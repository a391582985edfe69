-- ===== src/Sorting/Keys.antt =====
-- Sorting records whose keys differ.
use clip_to_doc_archive.Sorting.{insert_by, sort_from, sort_by}
use clip_to_doc_archive.Prelude.{
  ◌≡◌, refl, ap, ◌∙◌, inl, inr, Bool, false, Option, none, some, List, [], ◌∷◌, arith,
  if◌then◌else◌, Bool-cases, Eq, ◌==◌, nat_eq, list_eq, All,
}

module _ {A K : Type 0} ⦃e : Eq K⦄ (key : A → K) where
  abbrev pub find_key : K → List A → Option A
  find_key j [] = none
  find_key j (x ∷ xs) = if key x == j then some x else find_key j xs

  -- No record has the key.
  abbrev pub IsFree : List A → K → Type 0
  IsFree l k = All (λ x. (key x == k) ≡ false) l

  abbrev pub KeysDiffer : List A → Type 0
  KeysDiffer [] = Unit
  KeysDiffer (x ∷ xs) = IsFree xs (key x) × KeysDiffer xs

  find_of_IsFree : (l : List A) (j : K) → IsFree l j → find_key j l ≡ none
  find_of_IsFree [] j h = refl
  find_of_IsFree (x ∷ xs) j h = rw h.0 (find_of_IsFree xs j h.1)

  pub IsFree-of_find : (l : List A) (j : K) → find_key j l ≡ none → IsFree l j
  IsFree-of_find [] j h = tt
  IsFree-of_find (x ∷ xs) j h = ground (arith, IsFree-of_find xs j)

  beq_sym : (a b : K) → (a == b) ≡ false → (b == a) ≡ false
  beq_sym a b h = ground (arith, e.beq_iff a b, e.beq_iff b a)

  module _ (before : A → A → Bool) where
    IsFree-insert_by :
        (x : A) (l : List A) (k : K)
        → (key x == k) ≡ false
        → IsFree l k
        → IsFree (insert_by before x l) k
    unfolding insert_by
    IsFree-insert_by x [] k h f = (h, tt)
    IsFree-insert_by x (y ∷ ys) k h f = ground (arith, IsFree-insert_by x ys k h f.1)

    KeysDiffer-insert_by :
        (x : A) (l : List A) → IsFree l (key x) → KeysDiffer l → KeysDiffer (insert_by before x l)
    unfolding insert_by
    KeysDiffer-insert_by x [] f d = (tt, tt)
    KeysDiffer-insert_by x (y ∷ ys) f d = elim (Bool-cases (before x y)) [
      | inl here ↦ rw here (f, d)
      | inr later ↦ rw later (
        IsFree-insert_by x ys (key y) (beq_sym (key y) (key x) f.0) d.0,
        KeysDiffer-insert_by x ys f.1 d.1,
      )
    ]

    find-insert_by :
        (x : A) (l : List A) (j : K)
        → IsFree l (key x)
        → find_key j (insert_by before x l) ≡ (if key x == j then some x else find_key j l)
    unfolding insert_by
    find-insert_by x [] j f = refl
    find-insert_by x (y ∷ ys) j f = ground (
      arith,
      find-insert_by x ys j f.1,
      e.beq_iff (key x) j,
      e.beq_iff (key y) j,
      e.beq_iff (key y) (key x),
    )

    -- What is still to be inserted has other keys than what is sorted.
    abbrev Apart : List A → List A → Type 0
    Apart sorted l = All (λ x. IsFree sorted (key x)) l

    Apart-insert_by :
        (x : A) (sorted l : List A)
        → IsFree l (key x)
        → Apart sorted l
        → Apart (insert_by before x sorted) l
    Apart-insert_by x sorted [] f a = tt
    Apart-insert_by x sorted (y ∷ ys) f a = (
      IsFree-insert_by x sorted (key y) (beq_sym (key y) (key x) f.0) a.0,
      Apart-insert_by x sorted ys f.1 a.1,
    )

    KeysDiffer-sort_from :
        (sorted l : List A)
        → KeysDiffer sorted
        → KeysDiffer l
        → Apart sorted l
        → KeysDiffer (sort_from before sorted l)
    unfolding sort_from
    KeysDiffer-sort_from sorted [] d k a = d
    KeysDiffer-sort_from sorted (x ∷ xs) d k a =
        KeysDiffer-sort_from (insert_by before x sorted) xs (KeysDiffer-insert_by x sorted a.0 d)
          k.1 (Apart-insert_by x sorted xs k.0 a.1)

    abbrev or_else : Option A → Option A → Option A
    or_else none o = o
    or_else (some x) o = some x

    find-sort_from :
        (sorted l : List A) (j : K)
        → KeysDiffer l
        → Apart sorted l
        → find_key j (sort_from before sorted l) ≡ or_else (find_key j sorted) (find_key j l)
    unfolding sort_from
    find-sort_from sorted [] j k a = ground arith
    find-sort_from sorted (x ∷ xs) j k a =
        find-sort_from (insert_by before x sorted) xs j k.1 (Apart-insert_by x sorted xs k.0 a.1)
        ∙ ap (λ o. or_else o (find_key j xs)) (find-insert_by x sorted j a.0)
        ∙ ground (arith, e.beq_iff (key x) j, find_of_IsFree sorted (key x) a.0)

    Apart-nil : (l : List A) → Apart [] l
    Apart-nil [] = tt
    Apart-nil (x ∷ xs) = (tt, Apart-nil xs)

    pub KeysDiffer-sort_by : (l : List A) → KeysDiffer l → KeysDiffer (sort_by before l)
    KeysDiffer-sort_by l k = KeysDiffer-sort_from [] l tt k (Apart-nil l)

    pub find-sort_by :
        (l : List A) (j : K) → KeysDiffer l → find_key j (sort_by before l) ≡ find_key j l
    find-sort_by l j k = find-sort_from [] l j k (Apart-nil l)
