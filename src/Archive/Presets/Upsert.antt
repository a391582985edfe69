-- ===== src/Archive/Presets/Upsert.antt =====
-- Laws of saving a view under a name (`upsertArchiveViewPreset` in lib/archive-view-presets.ts).
use mathlib.Core.Option.{some-injective}
use clip_to_doc_archive.Sorting.{sort_by}
use clip_to_doc_archive.Sorting.Keys.{
  find_key, IsFree, KeysDiffer, IsFree-of_find, KeysDiffer-sort_by, find-sort_by,
}
use clip_to_doc_archive.Archive.Presets.{
  PresetPayload, ViewPreset, normalize_payload, payload_value, newer_first, find_name, update_if,
  upsert_view_preset,
}
use clip_to_doc_archive.Prelude.{
  subst, ◌≡◌, refl, sym, ap, ◌∙◌, inl, inr, true, false, none, some, List, [], ◌∷◌, map, arith,
  if◌then◌else◌, Bool-cases, Option-cases, ◌==◌, nat_eq, list_beq_iff, list_eq, is_empty,
}
use clip_to_doc_archive.Text.{Text, trim}

abbrev id_of : ViewPreset → Text
id_of p = p.id

abbrev name_of : ViewPreset → Text
name_of p = p.name

-- Each identifier and each name stands once.
pub record IsKept (presets : List ViewPreset) : Type 0 where
  pub ids : KeysDiffer id_of presets
  pub names : KeysDiffer name_of presets

find_name-find_key : (n : Text) (ps : List ViewPreset) → find_name n ps ≡ find_key name_of n ps
find_name-find_key n [] = refl
find_name-find_key n (p ∷ ps) = ground (arith, find_name-find_key n ps)

module _ (id : Text) (payload : PresetPayload) (now : Text) where
  map_update_of_IsFree :
      (ps : List ViewPreset) → IsFree id_of ps id → map (update_if id payload now) ps ≡ ps
  map_update_of_IsFree [] f = refl
  map_update_of_IsFree (p ∷ ps) f = rw f.0 (ap (◌∷◌ p) (map_update_of_IsFree ps f.1))

  IsFree-map_update_id :
      (ps : List ViewPreset) (k : Text)
      → IsFree id_of ps k
      → IsFree id_of (map (update_if id payload now) ps) k
  IsFree-map_update_id [] k f = tt
  IsFree-map_update_id (p ∷ ps) k f = (ground arith, IsFree-map_update_id ps k f.1)

  IsFree-map_update_name :
      (ps : List ViewPreset) (k : Text)
      → IsFree name_of ps k
      → IsFree name_of (map (update_if id payload now) ps) k
  IsFree-map_update_name [] k f = tt
  IsFree-map_update_name (p ∷ ps) k f = (ground arith, IsFree-map_update_name ps k f.1)

  same_keys :
      (p : ViewPreset)
      → ((update_if id payload now p).id ≡ p.id) × ((update_if id payload now p).name ≡ p.name)
  same_keys p = ground arith

  map_update-IsKept :
      (ps : List ViewPreset) → IsKept ps → IsKept (map (update_if id payload now) ps)
  map_update-IsKept [] k = record { ids = tt; names = tt }
  map_update-IsKept (p ∷ ps) k =
      let rest = map_update-IsKept ps (record { ids = k.ids.1; names = k.names.1 }) in
      let (same_id, same_name) = same_keys p in
      record {
        ids = (rw same_id (IsFree-map_update_id ps p.id k.ids.0), rest.ids);
        names = (rw same_name (IsFree-map_update_name ps p.name k.names.0), rest.names);
      }

  found_name :
      (n : Text) (ps : List ViewPreset) (q : ViewPreset) → find_name n ps ≡ some q → q.name ≡ n
  found_name n [] q h = cc
  found_name n (p ∷ ps) q h = ground (arith, list_beq_iff p.name n, found_name n ps q)

  found_id :
      (n k : Text) (ps : List ViewPreset) (q : ViewPreset)
      → IsFree id_of ps k
      → find_name n ps ≡ some q
      → (q.id == k) ≡ false
  found_id n k [] q f h = cc
  found_id n k (p ∷ ps) q f h = ground (arith, found_id n k ps q f.1)

  found_here :
      (n : Text) (p : ViewPreset) (ps : List ViewPreset) (q : ViewPreset)
      → (p.name == n) ≡ true
      → find_name n (p ∷ ps) ≡ some q
      → p ≡ q
  found_here n p ps q here h = some-injective p q (rw here at h)

  found_there :
      (n : Text) (p : ViewPreset) (ps : List ViewPreset) (q : ViewPreset)
      → (p.name == n) ≡ false
      → find_name n (p ∷ ps) ≡ some q
      → find_name n ps ≡ some q
  found_there n p ps q there h = rw there at h

  update_other :
      (p q : ViewPreset) → q.id ≡ id → (q.id == p.id) ≡ false → update_if id payload now p ≡ p
  update_other p q e other = ground (arith, list_beq_iff p.id id, list_beq_iff q.id p.id)

  abbrev updated : ViewPreset → ViewPreset
  updated q = record q { payload = payload; updated_at = now }

  find_renamed :
      (n m : Text) (p : ViewPreset) (ps : List ViewPreset)
      → p.name ≡ n
      → find_name m (updated p ∷ ps) ≡ (if n == m then some (updated p) else find_name m (p ∷ ps))
  find_renamed n m p ps e = ground (arith, list_beq_iff p.name m, list_beq_iff n m)

  find_updated :
      (n m : Text) (p : ViewPreset) (ps : List ViewPreset) (q : ViewPreset)
      → (p.name == n) ≡ true
      → p.id ≡ id
      → p ≡ q
      → find_name m (update_if id payload now p ∷ ps)
        ≡ (if n == m then some (updated q) else find_name m (p ∷ ps))
  find_updated n m p ps q here mine same =
      let u : update_if id payload now p ≡ updated p = rw ((list_beq_iff p.id id).1 mine) in
      let n' : p.name ≡ n = (list_beq_iff p.name n).0 here in
      ap (λ r. find_name m (r ∷ ps)) u
      ∙ find_renamed n m p ps n'
      ∙ ap (λ r. if n == m then some (updated r) else find_name m (p ∷ ps)) same

  find_skipped :
      (n m : Text) (p : ViewPreset) (ps : List ViewPreset) (q : ViewPreset)
      → (p.name == n) ≡ false
      → find_name m (map (update_if id payload now) ps)
        ≡ (if n == m then some (updated q) else find_name m ps)
      → find_name m (p ∷ map (update_if id payload now) ps)
        ≡ (if n == m then some (updated q) else find_name m (p ∷ ps))
  find_skipped n m p ps q there ih = elim (Bool-cases (p.name == m)) [
    | inl hit ↦ ground (arith, list_beq_iff p.name m, list_beq_iff n m, list_beq_iff p.name n)
    | inr miss ↦ rw miss ih
  ]

  find-map_update :
      (n m : Text) (ps : List ViewPreset) (q : ViewPreset)
      → IsKept ps
      → find_name n ps ≡ some q
      → q.id ≡ id
      → find_name m (map (update_if id payload now) ps) ≡ (
          if n == m
          then some (record q { payload = payload; updated_at = now })
          else find_name m ps)
  find-map_update n m [] q k h e = cc
  find-map_update n m (p ∷ ps) q k h e = elim (Bool-cases (p.name == n)) [
    | inl here ↦
        let same : p ≡ q = found_here n p ps q here h in
        let mine : p.id ≡ id = ap id_of same ∙ e in
        let rest = map_update_of_IsFree ps (subst (IsFree id_of ps) mine k.ids.0) in
        ap (λ l. find_name m (update_if id payload now p ∷ l)) rest
        ∙ find_updated n m p ps q here mine same
    | inr there ↦
        let later = found_there n p ps q there h in
        let other = found_id n p.id ps q k.ids.0 later in
        ap (λ u. find_name m (u ∷ map (update_if id payload now) ps)) (update_other p q e other)
        ∙ find_skipped n m p ps q there
            (find-map_update n m ps q (record { ids = k.ids.1; names = k.names.1 }) later e)
  ]

-- The view that `upsertArchiveViewPreset` leaves under the name.
abbrev pub saved : (now id : Text) → List ViewPreset → Text → PresetPayload → ViewPreset
saved now id presets name payload = elim (find_name (trim name) presets) [
  | some q ↦ record q { payload = normalize_payload (payload_value payload); updated_at = now }
  | none ↦ record {
    id = id;
    name = trim name;
    payload = normalize_payload (payload_value payload);
    created_at = now;
    updated_at = now;
  }
]

module _ (now id : Text) (presets : List ViewPreset) (name : Text) (payload : PresetPayload)
    (kept : IsKept presets) (named : is_empty (trim name) ≡ false) where
  abbrev stored_payload : PresetPayload
  stored_payload = normalize_payload (payload_value payload)

  find-sorted_update :
      (m : Text) (q : ViewPreset)
      → find_name (trim name) presets ≡ some q
      → find_name m (sort_by newer_first (map (update_if q.id stored_payload now) presets)) ≡ (
          if trim name == m
          then some (record q { payload = stored_payload; updated_at = now })
          else find_name m presets)
  find-sorted_update m q h =
      let updates = map (update_if q.id stored_payload now) presets in
      let k = map_update-IsKept q.id stored_payload now presets kept in
      find_name-find_key m (sort_by newer_first updates)
      ∙ find-sort_by name_of newer_first updates m k.names
      ∙ sym (find_name-find_key m updates)
      ∙ find-map_update q.id stored_payload now (trim name) m presets q kept h refl

  -- Where the saved views have distinct names and identifiers and the trimmed name is not empty:
  -- after saving under the name, the trimmed name finds the old view with the normalised payload
  -- and the new time, or a new view with them, and every other name finds what it found before.
  pub find_name-upsert :
      (m : Text)
      → find_name m (upsert_view_preset now id presets name payload)
        ≡ (if trim name == m then some (saved now id presets name payload) else find_name m presets)
  unfolding upsert_view_preset
  find_name-upsert m = elim (Option-cases (find_name (trim name) presets)) [
    | inl missing ↦ rw (named, missing) (rw (missing, saved))
    | inr (q, found) ↦ rw (named, found) (rw (found, saved) (find-sorted_update m q found))
  ]

  -- Saving a view under a name that is not blank keeps names and identifiers distinct, where they
  -- were distinct and the new identifier is not in use.
  upsert-IsKept : IsFree id_of presets id → IsKept (upsert_view_preset now id presets name payload)
  unfolding upsert_view_preset
  upsert-IsKept fresh = elim (Option-cases (find_name (trim name) presets)) [
    | inl missing ↦
        let free =
          IsFree-of_find name_of presets (trim name)
            (sym (find_name-find_key (trim name) presets) ∙ missing) in
        rw (named, missing) (record { ids = (fresh, kept.ids); names = (free, kept.names) })
    | inr (q, found) ↦
        let k = map_update-IsKept q.id stored_payload now presets kept in
        rw (named, found)
          (record {
            ids = KeysDiffer-sort_by id_of newer_first _ k.ids;
            names = KeysDiffer-sort_by name_of newer_first _ k.names;
          })
  ]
|---|
Counting the lines of the material that hold the string "fresh", state the total and nothing besides.

> **TASK RESULT**
2